◆ What is being asked
Whenever the string "then" appears in a line below, please copy the line out.

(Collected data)
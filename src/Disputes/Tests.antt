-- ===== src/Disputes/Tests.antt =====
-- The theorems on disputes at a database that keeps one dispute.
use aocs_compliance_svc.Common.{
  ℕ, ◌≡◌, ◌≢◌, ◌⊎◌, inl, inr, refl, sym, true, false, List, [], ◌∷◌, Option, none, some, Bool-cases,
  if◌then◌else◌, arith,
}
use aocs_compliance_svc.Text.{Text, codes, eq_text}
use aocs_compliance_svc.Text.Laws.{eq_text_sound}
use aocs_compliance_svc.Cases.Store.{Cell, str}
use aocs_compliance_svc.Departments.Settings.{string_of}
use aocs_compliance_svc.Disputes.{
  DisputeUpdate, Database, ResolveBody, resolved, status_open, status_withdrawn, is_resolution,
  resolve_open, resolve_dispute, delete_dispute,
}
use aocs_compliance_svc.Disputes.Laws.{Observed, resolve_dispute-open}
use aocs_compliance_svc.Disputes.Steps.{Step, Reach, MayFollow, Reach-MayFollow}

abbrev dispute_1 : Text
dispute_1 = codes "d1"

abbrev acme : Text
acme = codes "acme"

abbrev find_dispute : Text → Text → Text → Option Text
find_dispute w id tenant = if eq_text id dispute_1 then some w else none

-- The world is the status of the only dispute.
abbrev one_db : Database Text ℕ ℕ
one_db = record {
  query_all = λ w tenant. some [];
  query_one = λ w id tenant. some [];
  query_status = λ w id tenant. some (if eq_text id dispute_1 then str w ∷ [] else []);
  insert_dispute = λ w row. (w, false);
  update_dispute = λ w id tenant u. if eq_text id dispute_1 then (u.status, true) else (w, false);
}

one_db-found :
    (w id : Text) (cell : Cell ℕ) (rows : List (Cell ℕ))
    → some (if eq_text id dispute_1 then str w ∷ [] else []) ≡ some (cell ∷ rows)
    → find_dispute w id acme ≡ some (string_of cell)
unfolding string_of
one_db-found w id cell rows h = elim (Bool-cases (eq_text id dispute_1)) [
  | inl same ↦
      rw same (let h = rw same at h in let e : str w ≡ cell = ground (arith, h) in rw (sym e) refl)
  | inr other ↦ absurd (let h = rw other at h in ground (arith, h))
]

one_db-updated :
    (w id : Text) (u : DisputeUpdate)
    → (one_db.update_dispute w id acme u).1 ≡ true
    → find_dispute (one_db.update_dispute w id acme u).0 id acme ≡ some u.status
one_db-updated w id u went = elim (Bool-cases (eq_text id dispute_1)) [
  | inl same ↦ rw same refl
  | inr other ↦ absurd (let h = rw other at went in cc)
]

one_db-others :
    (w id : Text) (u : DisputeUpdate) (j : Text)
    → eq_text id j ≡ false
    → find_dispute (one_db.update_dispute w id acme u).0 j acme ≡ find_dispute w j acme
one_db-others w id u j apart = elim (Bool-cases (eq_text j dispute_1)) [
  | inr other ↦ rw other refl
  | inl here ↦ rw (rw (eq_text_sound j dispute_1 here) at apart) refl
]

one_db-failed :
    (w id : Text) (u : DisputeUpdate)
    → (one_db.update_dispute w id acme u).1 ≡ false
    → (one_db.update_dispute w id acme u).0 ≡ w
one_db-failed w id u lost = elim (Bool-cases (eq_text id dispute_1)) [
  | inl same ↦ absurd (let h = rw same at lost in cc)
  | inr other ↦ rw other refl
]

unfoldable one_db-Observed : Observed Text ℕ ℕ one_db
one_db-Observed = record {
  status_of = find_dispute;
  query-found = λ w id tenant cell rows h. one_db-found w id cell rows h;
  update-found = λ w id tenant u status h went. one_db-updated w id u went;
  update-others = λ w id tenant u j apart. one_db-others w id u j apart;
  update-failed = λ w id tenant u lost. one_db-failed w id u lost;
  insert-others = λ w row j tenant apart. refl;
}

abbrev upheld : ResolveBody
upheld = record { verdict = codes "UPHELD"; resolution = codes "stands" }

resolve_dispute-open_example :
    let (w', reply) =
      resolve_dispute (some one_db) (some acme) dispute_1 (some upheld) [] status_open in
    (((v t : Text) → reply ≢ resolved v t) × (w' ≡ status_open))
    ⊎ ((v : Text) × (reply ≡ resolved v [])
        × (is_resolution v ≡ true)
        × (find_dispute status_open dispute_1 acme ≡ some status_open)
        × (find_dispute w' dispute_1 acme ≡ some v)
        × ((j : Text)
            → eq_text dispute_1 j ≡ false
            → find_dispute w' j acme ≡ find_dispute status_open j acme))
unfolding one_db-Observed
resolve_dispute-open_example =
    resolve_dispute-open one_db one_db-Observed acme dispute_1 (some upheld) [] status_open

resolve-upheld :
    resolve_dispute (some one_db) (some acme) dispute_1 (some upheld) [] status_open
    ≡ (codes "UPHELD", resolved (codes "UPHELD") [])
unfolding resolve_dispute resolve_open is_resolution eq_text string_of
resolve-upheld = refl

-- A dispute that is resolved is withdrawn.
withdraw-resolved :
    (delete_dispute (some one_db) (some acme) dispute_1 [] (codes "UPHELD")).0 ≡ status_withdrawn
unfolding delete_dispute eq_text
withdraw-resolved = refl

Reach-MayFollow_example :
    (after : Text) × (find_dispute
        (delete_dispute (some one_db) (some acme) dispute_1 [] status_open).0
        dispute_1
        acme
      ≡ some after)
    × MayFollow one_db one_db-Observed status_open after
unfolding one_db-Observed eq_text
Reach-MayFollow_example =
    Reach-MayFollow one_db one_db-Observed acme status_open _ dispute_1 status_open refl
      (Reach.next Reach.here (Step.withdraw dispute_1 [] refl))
==
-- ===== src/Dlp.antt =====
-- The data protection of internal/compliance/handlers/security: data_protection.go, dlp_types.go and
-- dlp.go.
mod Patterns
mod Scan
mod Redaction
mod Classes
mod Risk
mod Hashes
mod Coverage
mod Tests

◆ Answer box
  if◌then◌else◌, arith,
find_dispute w id tenant = if eq_text id dispute_1 then some w else none
  query_status = λ w id tenant. some (if eq_text id dispute_1 then str w ∷ [] else []);
  update_dispute = λ w id tenant u. if eq_text id dispute_1 then (u.status, true) else (w, false);
    → some (if eq_text id dispute_1 then str w ∷ [] else []) ≡ some (cell ∷ rows)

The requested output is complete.